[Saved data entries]
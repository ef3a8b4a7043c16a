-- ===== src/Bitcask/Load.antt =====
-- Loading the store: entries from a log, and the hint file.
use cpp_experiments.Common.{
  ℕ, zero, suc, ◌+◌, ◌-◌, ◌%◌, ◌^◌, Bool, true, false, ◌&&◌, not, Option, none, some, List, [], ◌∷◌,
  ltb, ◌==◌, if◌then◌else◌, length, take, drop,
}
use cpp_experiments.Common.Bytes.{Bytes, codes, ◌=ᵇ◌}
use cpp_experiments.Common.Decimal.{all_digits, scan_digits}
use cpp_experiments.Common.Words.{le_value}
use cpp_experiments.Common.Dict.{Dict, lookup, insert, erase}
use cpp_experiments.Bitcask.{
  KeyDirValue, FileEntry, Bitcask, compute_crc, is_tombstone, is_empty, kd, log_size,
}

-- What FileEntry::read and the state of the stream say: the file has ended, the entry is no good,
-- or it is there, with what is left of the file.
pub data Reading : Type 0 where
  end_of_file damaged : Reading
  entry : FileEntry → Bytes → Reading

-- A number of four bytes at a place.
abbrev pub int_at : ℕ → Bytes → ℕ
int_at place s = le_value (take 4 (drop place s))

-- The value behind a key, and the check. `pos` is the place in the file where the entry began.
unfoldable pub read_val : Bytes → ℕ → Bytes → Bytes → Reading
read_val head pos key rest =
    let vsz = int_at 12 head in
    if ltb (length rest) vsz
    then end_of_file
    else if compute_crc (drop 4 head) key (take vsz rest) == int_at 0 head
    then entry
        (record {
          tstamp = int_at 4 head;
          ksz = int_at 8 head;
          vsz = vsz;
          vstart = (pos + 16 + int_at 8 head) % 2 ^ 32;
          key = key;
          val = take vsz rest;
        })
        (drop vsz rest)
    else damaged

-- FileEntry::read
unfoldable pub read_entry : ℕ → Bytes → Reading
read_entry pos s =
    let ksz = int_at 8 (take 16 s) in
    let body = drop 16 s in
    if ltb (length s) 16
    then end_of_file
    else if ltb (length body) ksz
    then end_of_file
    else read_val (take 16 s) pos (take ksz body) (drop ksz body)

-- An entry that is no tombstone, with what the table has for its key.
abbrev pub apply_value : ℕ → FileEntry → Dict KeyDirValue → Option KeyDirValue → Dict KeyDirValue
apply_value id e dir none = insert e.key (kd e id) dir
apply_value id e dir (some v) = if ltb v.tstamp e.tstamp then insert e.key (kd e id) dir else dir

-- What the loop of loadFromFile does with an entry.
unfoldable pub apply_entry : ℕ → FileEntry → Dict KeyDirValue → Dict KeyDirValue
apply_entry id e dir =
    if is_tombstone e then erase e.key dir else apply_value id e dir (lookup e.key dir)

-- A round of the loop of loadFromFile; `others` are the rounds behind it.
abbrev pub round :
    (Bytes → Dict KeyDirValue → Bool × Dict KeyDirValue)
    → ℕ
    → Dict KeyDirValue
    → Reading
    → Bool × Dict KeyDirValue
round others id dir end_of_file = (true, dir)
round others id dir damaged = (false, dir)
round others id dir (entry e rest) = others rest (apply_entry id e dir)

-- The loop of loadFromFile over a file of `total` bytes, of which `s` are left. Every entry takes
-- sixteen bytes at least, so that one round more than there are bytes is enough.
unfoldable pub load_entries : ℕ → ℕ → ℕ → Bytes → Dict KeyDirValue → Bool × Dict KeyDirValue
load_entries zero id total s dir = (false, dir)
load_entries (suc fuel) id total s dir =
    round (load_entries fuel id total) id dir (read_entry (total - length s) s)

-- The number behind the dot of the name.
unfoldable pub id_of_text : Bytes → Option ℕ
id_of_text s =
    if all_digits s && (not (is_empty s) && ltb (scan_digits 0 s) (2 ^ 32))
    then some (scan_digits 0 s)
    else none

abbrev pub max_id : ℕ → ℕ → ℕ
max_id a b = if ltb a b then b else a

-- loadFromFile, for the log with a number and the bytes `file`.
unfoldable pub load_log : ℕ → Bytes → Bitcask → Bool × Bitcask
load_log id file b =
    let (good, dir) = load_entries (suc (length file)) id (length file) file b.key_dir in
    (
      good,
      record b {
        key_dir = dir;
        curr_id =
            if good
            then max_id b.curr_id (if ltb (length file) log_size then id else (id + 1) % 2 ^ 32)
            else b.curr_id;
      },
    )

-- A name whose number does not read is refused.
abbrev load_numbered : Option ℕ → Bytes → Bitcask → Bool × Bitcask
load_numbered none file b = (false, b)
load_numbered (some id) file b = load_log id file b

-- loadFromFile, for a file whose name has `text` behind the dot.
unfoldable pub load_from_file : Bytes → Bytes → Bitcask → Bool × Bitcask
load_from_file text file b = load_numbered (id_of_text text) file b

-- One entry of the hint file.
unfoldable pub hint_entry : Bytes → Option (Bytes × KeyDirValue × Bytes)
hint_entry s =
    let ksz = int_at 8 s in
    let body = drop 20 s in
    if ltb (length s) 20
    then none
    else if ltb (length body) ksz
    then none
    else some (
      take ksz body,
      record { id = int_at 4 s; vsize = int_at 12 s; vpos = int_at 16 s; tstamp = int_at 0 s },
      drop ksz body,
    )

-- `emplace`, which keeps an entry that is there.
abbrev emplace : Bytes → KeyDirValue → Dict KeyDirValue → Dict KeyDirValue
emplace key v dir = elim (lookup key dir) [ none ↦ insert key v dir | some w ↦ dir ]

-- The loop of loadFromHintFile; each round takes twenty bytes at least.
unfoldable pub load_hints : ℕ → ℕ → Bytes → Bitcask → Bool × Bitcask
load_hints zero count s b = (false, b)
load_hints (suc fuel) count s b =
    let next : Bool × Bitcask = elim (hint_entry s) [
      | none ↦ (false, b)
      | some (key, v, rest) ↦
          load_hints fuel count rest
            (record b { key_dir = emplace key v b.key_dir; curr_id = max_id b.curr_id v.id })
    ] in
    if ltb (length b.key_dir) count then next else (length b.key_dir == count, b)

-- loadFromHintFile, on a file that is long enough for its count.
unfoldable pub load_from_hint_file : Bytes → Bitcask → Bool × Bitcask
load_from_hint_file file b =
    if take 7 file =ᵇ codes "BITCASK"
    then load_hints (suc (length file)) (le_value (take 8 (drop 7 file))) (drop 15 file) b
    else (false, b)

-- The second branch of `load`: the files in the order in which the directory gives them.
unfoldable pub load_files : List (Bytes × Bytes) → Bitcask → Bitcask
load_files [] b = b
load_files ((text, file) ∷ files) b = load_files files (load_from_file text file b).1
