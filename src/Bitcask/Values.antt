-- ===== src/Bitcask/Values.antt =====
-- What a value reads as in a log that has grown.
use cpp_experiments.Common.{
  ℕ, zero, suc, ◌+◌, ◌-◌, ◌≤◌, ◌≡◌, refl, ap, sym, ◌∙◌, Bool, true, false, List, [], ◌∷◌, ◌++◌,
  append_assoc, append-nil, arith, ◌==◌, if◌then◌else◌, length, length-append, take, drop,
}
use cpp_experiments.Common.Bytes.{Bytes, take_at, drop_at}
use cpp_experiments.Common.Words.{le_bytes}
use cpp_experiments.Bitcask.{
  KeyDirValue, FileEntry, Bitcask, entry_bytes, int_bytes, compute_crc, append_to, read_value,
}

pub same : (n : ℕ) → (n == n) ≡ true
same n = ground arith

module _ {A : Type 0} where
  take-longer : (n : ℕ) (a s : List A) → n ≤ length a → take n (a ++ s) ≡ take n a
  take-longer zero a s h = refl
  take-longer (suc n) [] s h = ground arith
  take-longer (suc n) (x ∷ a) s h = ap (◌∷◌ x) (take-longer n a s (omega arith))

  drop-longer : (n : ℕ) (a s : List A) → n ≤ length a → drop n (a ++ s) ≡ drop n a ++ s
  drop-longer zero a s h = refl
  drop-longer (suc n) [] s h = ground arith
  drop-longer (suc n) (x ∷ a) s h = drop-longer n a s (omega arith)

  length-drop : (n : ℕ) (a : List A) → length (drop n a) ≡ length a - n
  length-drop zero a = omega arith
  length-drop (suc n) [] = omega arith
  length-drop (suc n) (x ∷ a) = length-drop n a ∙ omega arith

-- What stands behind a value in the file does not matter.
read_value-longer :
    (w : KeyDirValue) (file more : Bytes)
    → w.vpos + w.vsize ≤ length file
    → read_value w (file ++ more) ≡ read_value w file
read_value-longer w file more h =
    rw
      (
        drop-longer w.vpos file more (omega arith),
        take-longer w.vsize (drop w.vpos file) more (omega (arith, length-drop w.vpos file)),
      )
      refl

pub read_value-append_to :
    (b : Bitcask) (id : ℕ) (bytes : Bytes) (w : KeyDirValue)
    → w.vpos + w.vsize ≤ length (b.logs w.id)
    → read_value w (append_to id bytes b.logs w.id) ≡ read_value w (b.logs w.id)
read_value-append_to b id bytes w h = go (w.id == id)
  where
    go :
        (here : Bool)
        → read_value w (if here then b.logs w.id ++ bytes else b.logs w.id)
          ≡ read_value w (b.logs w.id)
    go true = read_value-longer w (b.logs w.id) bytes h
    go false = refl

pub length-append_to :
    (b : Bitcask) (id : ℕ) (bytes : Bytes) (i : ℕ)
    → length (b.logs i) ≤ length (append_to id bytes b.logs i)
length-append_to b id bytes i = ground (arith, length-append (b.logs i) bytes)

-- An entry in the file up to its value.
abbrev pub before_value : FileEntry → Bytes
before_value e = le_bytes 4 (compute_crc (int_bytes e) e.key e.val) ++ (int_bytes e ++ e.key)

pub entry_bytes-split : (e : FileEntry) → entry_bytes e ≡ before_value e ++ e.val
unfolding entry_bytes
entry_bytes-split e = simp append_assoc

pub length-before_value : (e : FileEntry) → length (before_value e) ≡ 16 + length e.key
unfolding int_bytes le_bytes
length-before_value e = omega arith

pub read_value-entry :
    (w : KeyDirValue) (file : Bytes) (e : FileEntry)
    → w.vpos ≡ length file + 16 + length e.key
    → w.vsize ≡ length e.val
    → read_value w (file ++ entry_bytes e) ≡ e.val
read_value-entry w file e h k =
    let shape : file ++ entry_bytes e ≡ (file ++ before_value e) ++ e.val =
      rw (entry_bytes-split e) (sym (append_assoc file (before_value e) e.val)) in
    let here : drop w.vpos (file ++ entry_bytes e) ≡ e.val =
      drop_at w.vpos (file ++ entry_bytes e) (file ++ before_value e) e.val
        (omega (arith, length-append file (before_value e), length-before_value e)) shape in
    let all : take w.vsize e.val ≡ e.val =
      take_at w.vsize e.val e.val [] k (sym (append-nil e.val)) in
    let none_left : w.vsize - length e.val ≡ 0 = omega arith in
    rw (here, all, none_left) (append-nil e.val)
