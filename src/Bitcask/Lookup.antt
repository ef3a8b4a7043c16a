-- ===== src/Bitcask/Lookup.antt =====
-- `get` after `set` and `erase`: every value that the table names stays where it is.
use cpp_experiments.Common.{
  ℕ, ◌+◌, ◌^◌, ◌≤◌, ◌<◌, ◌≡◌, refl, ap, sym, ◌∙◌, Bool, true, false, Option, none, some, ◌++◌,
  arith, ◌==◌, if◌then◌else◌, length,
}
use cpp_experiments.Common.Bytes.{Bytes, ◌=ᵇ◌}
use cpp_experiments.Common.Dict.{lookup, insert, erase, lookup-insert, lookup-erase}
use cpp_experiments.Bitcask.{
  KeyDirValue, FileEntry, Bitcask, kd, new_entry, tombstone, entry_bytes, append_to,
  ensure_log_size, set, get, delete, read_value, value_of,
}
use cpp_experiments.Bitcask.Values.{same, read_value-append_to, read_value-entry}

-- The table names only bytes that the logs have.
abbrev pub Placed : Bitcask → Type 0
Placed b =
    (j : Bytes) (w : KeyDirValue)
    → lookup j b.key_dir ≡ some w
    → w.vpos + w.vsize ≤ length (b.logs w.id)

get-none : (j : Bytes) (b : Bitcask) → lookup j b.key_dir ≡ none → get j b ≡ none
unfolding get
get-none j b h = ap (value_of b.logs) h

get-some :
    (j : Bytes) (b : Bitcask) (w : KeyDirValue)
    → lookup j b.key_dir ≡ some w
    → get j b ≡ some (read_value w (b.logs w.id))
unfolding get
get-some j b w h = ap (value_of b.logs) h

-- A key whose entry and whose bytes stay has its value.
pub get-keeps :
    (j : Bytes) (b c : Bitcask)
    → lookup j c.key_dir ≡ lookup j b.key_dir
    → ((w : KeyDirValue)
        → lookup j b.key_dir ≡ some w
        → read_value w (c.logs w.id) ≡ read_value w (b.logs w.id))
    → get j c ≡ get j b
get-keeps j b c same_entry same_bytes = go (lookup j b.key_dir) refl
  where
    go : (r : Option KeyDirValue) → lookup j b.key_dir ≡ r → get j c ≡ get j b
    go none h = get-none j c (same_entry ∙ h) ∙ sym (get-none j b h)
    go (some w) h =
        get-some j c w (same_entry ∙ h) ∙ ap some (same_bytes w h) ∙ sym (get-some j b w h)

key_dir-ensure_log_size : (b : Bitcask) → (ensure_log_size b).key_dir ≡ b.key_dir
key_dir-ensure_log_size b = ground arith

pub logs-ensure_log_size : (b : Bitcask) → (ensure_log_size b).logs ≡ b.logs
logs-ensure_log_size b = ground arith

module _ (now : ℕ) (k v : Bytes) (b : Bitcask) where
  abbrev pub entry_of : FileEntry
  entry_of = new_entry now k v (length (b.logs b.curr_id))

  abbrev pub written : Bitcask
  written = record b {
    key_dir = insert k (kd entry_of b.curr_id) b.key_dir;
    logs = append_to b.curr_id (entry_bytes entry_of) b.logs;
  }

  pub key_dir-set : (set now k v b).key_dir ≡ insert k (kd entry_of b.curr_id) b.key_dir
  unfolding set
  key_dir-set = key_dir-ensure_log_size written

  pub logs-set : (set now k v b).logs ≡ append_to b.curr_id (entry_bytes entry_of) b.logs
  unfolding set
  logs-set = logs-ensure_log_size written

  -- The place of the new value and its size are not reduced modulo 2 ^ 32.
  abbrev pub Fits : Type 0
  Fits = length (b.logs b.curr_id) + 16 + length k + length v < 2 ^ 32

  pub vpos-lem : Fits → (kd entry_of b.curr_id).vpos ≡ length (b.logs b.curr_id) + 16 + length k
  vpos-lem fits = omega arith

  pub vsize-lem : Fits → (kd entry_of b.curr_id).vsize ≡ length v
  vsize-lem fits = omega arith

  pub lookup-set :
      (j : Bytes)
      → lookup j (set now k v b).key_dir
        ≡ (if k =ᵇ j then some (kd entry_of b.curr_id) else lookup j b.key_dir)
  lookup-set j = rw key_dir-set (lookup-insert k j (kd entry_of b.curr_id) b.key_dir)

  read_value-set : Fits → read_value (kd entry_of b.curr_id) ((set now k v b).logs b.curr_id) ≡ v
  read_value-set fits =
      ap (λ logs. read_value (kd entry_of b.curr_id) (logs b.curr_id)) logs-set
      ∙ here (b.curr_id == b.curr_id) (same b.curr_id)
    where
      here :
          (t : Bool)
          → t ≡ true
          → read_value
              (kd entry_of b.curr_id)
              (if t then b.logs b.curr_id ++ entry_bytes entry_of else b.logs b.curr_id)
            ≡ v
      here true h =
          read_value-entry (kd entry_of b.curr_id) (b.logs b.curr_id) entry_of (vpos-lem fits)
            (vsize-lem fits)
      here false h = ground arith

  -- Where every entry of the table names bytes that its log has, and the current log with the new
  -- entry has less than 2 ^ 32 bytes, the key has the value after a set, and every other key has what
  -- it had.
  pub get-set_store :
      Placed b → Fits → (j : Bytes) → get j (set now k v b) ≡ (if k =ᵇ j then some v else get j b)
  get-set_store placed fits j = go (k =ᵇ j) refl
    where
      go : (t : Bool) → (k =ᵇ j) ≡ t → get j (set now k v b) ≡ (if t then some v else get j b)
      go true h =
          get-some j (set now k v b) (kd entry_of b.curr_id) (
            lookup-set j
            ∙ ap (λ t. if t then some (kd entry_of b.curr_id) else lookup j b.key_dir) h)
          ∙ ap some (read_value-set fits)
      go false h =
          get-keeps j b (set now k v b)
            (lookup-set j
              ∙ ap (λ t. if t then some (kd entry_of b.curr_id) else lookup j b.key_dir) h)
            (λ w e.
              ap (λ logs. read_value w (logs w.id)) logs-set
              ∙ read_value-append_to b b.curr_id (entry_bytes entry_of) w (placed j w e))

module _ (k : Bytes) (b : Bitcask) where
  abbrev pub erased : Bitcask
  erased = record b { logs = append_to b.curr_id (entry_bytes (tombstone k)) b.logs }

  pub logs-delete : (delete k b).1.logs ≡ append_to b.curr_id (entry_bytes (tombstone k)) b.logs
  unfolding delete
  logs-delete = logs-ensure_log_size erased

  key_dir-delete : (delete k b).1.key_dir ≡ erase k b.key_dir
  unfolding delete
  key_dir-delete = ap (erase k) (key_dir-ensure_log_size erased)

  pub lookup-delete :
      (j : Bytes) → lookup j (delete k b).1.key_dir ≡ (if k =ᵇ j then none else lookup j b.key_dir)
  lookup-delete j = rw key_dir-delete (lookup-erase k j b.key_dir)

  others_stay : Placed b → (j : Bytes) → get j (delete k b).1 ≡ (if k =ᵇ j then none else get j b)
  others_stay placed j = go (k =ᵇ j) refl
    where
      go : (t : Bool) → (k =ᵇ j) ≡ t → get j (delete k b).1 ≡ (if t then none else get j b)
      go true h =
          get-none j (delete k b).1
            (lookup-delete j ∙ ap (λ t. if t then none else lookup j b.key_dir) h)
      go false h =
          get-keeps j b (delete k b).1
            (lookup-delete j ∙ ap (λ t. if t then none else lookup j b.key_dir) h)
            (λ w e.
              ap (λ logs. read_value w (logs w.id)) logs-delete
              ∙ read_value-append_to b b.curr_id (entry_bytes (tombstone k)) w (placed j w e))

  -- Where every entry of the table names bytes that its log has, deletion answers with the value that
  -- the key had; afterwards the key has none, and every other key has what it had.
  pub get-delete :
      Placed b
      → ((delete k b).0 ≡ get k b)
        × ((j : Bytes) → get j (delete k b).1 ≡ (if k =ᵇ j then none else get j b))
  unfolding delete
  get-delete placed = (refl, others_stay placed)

What you are asked to do.
Looking back over the data above, restate word for word the lines that begin at the line with "round others id dir (entry" and end at the line with "unfoldable pub load_entries", inclusive.

Expected output.
round others id dir (entry e rest) = others rest (apply_entry id e dir)

-- The loop of loadFromFile over a file of `total` bytes, of which `s` are left. Every entry takes
-- sixteen bytes at least, so that one round more than there are bytes is enough.
unfoldable pub load_entries : ℕ → ℕ → ℕ → Bytes → Dict KeyDirValue → Bool × Dict KeyDirValue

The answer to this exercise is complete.